Component (C) and the optionally present component (D), which serve
to achieve the breaking strength of at least 500 N which is
necessary according to the invention may furthermore also
optionally serve as additional matrix materials.
[0119] If the dosage form according to the invention is intended
for oral administration, it may also preferably comprise a coating
which is resistant to gastric juices and dissolves as a function of
the pH value of the release environment. By means of this coating,
it is possible to ensure that the dosage form according to the
invention passes through the stomach undissolved and the active
ingredient is only released in the intestines. The coating which is
resistant to gastric juices preferably dissolves at a pH value of
between 5 and 7.5.
[0120] Corresponding materials and methods for the controlled
release of active ingredients and for the application of coatings
which are resistant to gastric juices are known to the person
skilled in the art, for example from "Coated Pharmaceutical Dosage
Forms--Fundamentals, Manufacturing Techniques, Biopharmaceutical
Aspects, Test Methods and Raw Materials" by Kurt H. Bauer, K.

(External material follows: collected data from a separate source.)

-- ===== src/Streaming/KorakuSse/Suppressed.antt =====
-- The indexes of suppressed blocks, which the agents of a run share.
use koraku.Prelude.{
  ◌≡◌, refl, ap, ◌∙◌, arith, Bool, true, false, ◌||◌, Option, none, some, List, [], ◌∷◌,
  if◌then◌else◌, ==_refl, text_equality, contains,
}
use koraku.Prelude.Text.{Text, text, strip, or_text}
use koraku.Prelude.Json.{Value, str, get}
use koraku.Streaming.KorakuSse.Payloads.{Outer, or_null}
use koraku.Streaming.KorakuSse.State.{KorakuStreamState}
use koraku.Streaming.KorakuSse.ToolEvents.{Subagent, Start, tool_started_events, start_named}
use koraku.Streaming.KorakuSse.StreamEvents.{
  map_raw_event, block_begins, block_is_call, int_index, is_suppressed, suppress, block_start,
  is_input_delta, forward,
}

module _ (repr dumps : Value → Text) (int_of : Value → Value) where
  started_indexes :
      (state : KorakuStreamState) (uuid : Text) (start : Start)
      → ((tool_started_events dumps state uuid start).0).suppressed_tool_block_indexes
        ≡ state.suppressed_tool_block_indexes
  unfolding tool_started_events
  started_indexes state uuid start = by_id (strip start.tool_use_id)
    where
      name : Text
      name = or_text (strip (or_text start.tool_name (text "tool"))) (text "tool")

      by_id :
          (id : Text)
          → ((elim id as (λ _. KorakuStreamState × List Outer) [
            | [] ↦ (state, [])
            | c ∷ s ↦ start_named dumps state uuid name start (c ∷ s)
          ]).0
            ).suppressed_tool_block_indexes
            ≡ state.suppressed_tool_block_indexes
      by_id [] = refl
      by_id (c ∷ s) = refl

  contains-suppress :
      (state : KorakuStreamState) (idx : Text)
      → contains (suppress state idx).suppressed_tool_block_indexes idx ≡ true
  contains-suppress state idx = by_test (contains state.suppressed_tool_block_indexes idx) refl
    where
      by_test :
          (b : Bool)
          → contains state.suppressed_tool_block_indexes idx ≡ b
          → contains
              (if b
                then state.suppressed_tool_block_indexes
                else idx ∷ state.suppressed_tool_block_indexes)
              idx
            ≡ true
      by_test true there = there
      by_test false new = ground (arith, ==_refl {A = Text} idx)

  start_step :
      (uuid : Text) (state : KorakuStreamState) (sub : Option Subagent) (raw : Value)
      → get raw (text "type") ≡ some (str (text "content_block_start"))
      → map_raw_event repr dumps int_of uuid state sub raw
        ≡ block_begins repr dumps int_of uuid state sub raw
  unfolding map_raw_event
  start_step uuid state sub raw type = rw type refl

  begins_step :
      (uuid : Text) (state : KorakuStreamState) (sub : Option Subagent) (raw : Value) (idx : Text)
      → int_index (get raw (text "index")) ≡ some idx
      → block_is_call raw ≡ true
      → block_begins repr dumps int_of uuid state sub raw
        ≡ tool_started_events dumps
            (suppress state idx)
            uuid
            (block_start repr dumps int_of sub (or_null (get raw (text "content_block"))))
  begins_step uuid state sub raw idx index call =
      by_index (int_index (get raw (text "index"))) index
    where
      by_index :
          (i : Option Text)
          → i ≡ some idx
          → (elim i as (λ _. KorakuStreamState × List Outer) [
            | none ↦ forward repr dumps int_of uuid state raw
            | some i ↦
                if block_is_call raw
                then tool_started_events dumps
                    (suppress state i)
                    uuid
                    (block_start repr dumps int_of sub (or_null (get raw (text "content_block"))))
                else forward repr dumps int_of uuid state raw
          ])
            ≡ tool_started_events dumps
                (suppress state idx)
                uuid
                (block_start repr dumps int_of sub (or_null (get raw (text "content_block"))))
      by_index i same = rw (same, call) refl

  delta_step :
      (uuid : Text) (state : KorakuStreamState) (raw : Value) (idx : Text)
      → get raw (text "type") ≡ some (str (text "content_block_delta"))
      → int_index (get raw (text "index")) ≡ some idx
      → contains state.suppressed_tool_block_indexes idx ≡ true
      → (map_raw_event repr dumps int_of uuid state none raw).1 ≡ []
  unfolding map_raw_event
  delta_step uuid state raw idx type index there =
      rw type (by_index (int_index (get raw (text "index"))) index)
    where
      by_index :
          (i : Option Text)
          → i ≡ some idx
          → (if is_suppressed state i || is_input_delta raw
              then (state, [])
              else forward repr dumps int_of uuid state raw).1
            ≡ []
      by_index i same = rw (same, there) refl

  -- A call that starts in the stream of one agent hides the text of another: once a block with a call
  -- has begun at an index in an event of a nested agent, a piece of a text block with the same index
  -- in the turn itself is not sent.
  pub nested_call_hides_text :
      (uuid uuid' : Text) (state : KorakuStreamState) (sub : Subagent) (raw_start raw_delta : Value)
      (idx : Text)
      → get raw_start (text "type") ≡ some (str (text "content_block_start"))
      → int_index (get raw_start (text "index")) ≡ some idx
      → block_is_call raw_start ≡ true
      → get raw_delta (text "type") ≡ some (str (text "content_block_delta"))
      → int_index (get raw_delta (text "index")) ≡ some idx
      → let next : KorakuStreamState =
          (map_raw_event repr dumps int_of uuid state (some sub) raw_start).0 in
        (map_raw_event repr dumps int_of uuid' next none raw_delta).1 ≡ []
  nested_call_hides_text uuid uuid' state sub raw_start raw_delta idx t1 i1 call t2 i2 =
      let start : Start =
        block_start repr dumps int_of (some sub) (or_null (get raw_start (text "content_block"))) in
      let next : KorakuStreamState =
        (map_raw_event repr dumps int_of uuid state (some sub) raw_start).0 in
      let step : next ≡ (tool_started_events dumps (suppress state idx) uuid start).0 =
        ap (λ s. s.0)
          (start_step uuid state (some sub) raw_start t1
            ∙ begins_step uuid state (some sub) raw_start idx i1 call) in
      delta_step uuid' next raw_delta idx t2 i2 (
        ap (λ s. contains s.suppressed_tool_block_indexes idx) step
        ∙ (ap (λ is. contains is idx) (started_indexes (suppress state idx) uuid start)
            ∙ contains-suppress state idx))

Lehmann, Hermann P. Osterwald, Rothgang, Gerhart, 1st edition,
1998, Medpharm Scientific Publishers. The corresponding literature
description is hereby introduced as a reference and is deemed to be
part of the disclosure.
Method for Determining Breaking Strength
[0121] In order to verify whether a polymer may be used as
component (C) or (D), the polymer is pressed to form a tablet with
a diameter of 10 mm and a height of 5 mm using a force of 150 N at
a temperature which at least corresponds to the softening point of
the polymer and is determined with the assistance of a DSC diagram
of the polymer. Using tablets produced in this manner, breaking
strength is determined with the apparatus described below in
accordance with the method for determining the breaking strength of
tablets published in the European Pharmacopoeia 1997, page 143-144,
method no. 2.9.8. The apparatus used for the measurement is a
"Zwick Z 2.5" materials tester, Fmax=2.5 kN with a maximum draw of
1150 mm, which should be set up with 1 column and 1 spindle, a
clearance behind of 100 mm and a test speed adjustable between 0.1
and 800 mm/min together with testControl software. Measurement is
performed using a pressure piston with screw-in inserts and a
cylinder (diam. 10 mm), a force transducer, Fmax. 1 kN, diameter=8
mm, class 0.5 from 10 N, class 1 from 2 N to ISO 7500-1, with
manufacturer's test certificate M to DIN 55350-18 (Zwick gross
force Fmax=1.45 kN) (all apparatus from Zwick GmbH & Co. KG,
Ulm, Germany) with order no. BTC-FR 2.5 TH. D09 for the tester,
order no. BTC-LC 0050N. P01 for the force transducer, order no. BO
70000 S06 for the centring device.
[0122] FIG. 1 shows the measurement of the breaking strength of a
tablet, in particular the tablet (4) adjustment device (6) used for
this purpose before and during the measurement. To this end, the
tablet (4) is held between the upper pressure plate (1) and the
lower pressure plate (3) of the force application apparatus (not
shown) with the assistance of two 2-part clamping devices, which
are in each case firmly fastened (not shown) with the upper and
lower pressure plate once the spacing (5) necessary for
accommodating and centring the tablet to be measured has been
established. The spacing (5) may be established by moving the
2-part clamping devices horizontally outwards or inwards in each
case on the pressure plate on which they are mounted.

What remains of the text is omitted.